The exercise asks you to copy every line below in which "append" appears.

|---|

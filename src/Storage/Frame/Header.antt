-- ===== src/Storage/Frame/Header.antt =====
-- The header of a frame (src/storage/frame.rs): what `encode` writes, `parse` reads, and back.
use dewdb.Prelude.{
  ℕ, zero, suc, ◌/◌, ◌^◌, ◌<◌, ◌≡◌, ◌↔◌, refl, sym, ap, ◌∙◌, false, ◌++◌, Bytes, arith, ltb, length,
  length-append, none, some,
}
use dewdb.Storage.Frame.{FrameHeader, header_len, to_le_bytes, from_le_bytes, parse, encode}

-- A value below `256 ^ n`, by its digits.
abbrev pub FitsIn : ℕ → ℕ → Type 0
FitsIn zero x = x ≡ 0
FitsIn (suc n) x = FitsIn n (x / 256)

pub from-to : (n x : ℕ) → FitsIn n x → from_le_bytes (to_le_bytes n x) ≡ x
unfolding from_le_bytes to_le_bytes
from-to zero x h = sym h
from-to (suc n) x h = ground (arith, from-to n (x / 256) h)

pub fits_4 : (x : ℕ) → x < 2 ^ 32 → FitsIn 4 x
fits_4 x lt = omega arith

pub fits_8 : (x : ℕ) → x < 2 ^ 64 → FitsIn 8 x
fits_8 x lt = omega arith

-- The fields of a header are machine words.
abbrev pub IsWords : FrameHeader → Type 0
IsWords h =
    (h.len < 2 ^ 32)
    × (h.crc < 2 ^ 32)
    × (h.term < 2 ^ 64)
    × (h.lsn < 2 ^ 64)
    × (h.prev_lsn < 2 ^ 64)
    × (h.prev_term < 2 ^ 64)

encode-length : (h : FrameHeader) → length (encode h) ≡ 40
unfolding encode
encode-length h = simp length-append

long_enough :
    (h : FrameHeader) (payload : Bytes) → ltb (length (encode h ++ payload)) header_len ≡ false
long_enough h payload = ground (arith, length-append (encode h) payload, encode-length h)

-- The header that the slices of an encoded one give.
reread : FrameHeader → FrameHeader
reread h = record {
  len = from_le_bytes (to_le_bytes 4 h.len);
  crc = from_le_bytes (to_le_bytes 4 h.crc);
  term = from_le_bytes (to_le_bytes 8 h.term);
  lsn = from_le_bytes (to_le_bytes 8 h.lsn);
  prev_lsn = from_le_bytes (to_le_bytes 8 h.prev_lsn);
  prev_term = from_le_bytes (to_le_bytes 8 h.prev_term);
}

parse_of_encoded :
    (h : FrameHeader) (payload : Bytes) → parse (encode h ++ payload) ≡ some (reread h)
unfolding parse reread encode to_le_bytes
parse_of_encoded h payload = rw (long_enough h payload, parse) refl

reread_eq : (h : FrameHeader) → IsWords h → reread h ≡ h
unfolding reread
reread_eq h (a, b, c, d, e, f) =
    rw
      (
        from-to 4 h.len (fits_4 h.len a),
        from-to 4 h.crc (fits_4 h.crc b),
        from-to 8 h.term (fits_8 h.term c),
        from-to 8 h.lsn (fits_8 h.lsn d),
        from-to 8 h.prev_lsn (fits_8 h.prev_lsn e),
        from-to 8 h.prev_term (fits_8 h.prev_term f),
      )
      refl

-- A header survives the log: behind it may stand any payload, its encoding is 40 bytes, and
-- reading them gives the header back; and a read fails exactly on fewer bytes than those.
pub parse-encode :
    (h : FrameHeader) (payload : Bytes)
    → IsWords h
    → (length (encode h) ≡ header_len)
      × (parse (encode h ++ payload) ≡ some h)
      × ((parse payload ≡ none) ↔ (length payload < header_len))
parse-encode h payload w = (
  encode-length h,
  parse_of_encoded h payload ∙ ap some (reread_eq h w),
  unfold parse in ground arith,
)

|---|

Written answer ::
  length-append, none, some,
encode-length h = simp length-append
long_enough h payload = ground (arith, length-append (encode h) payload, encode-length h)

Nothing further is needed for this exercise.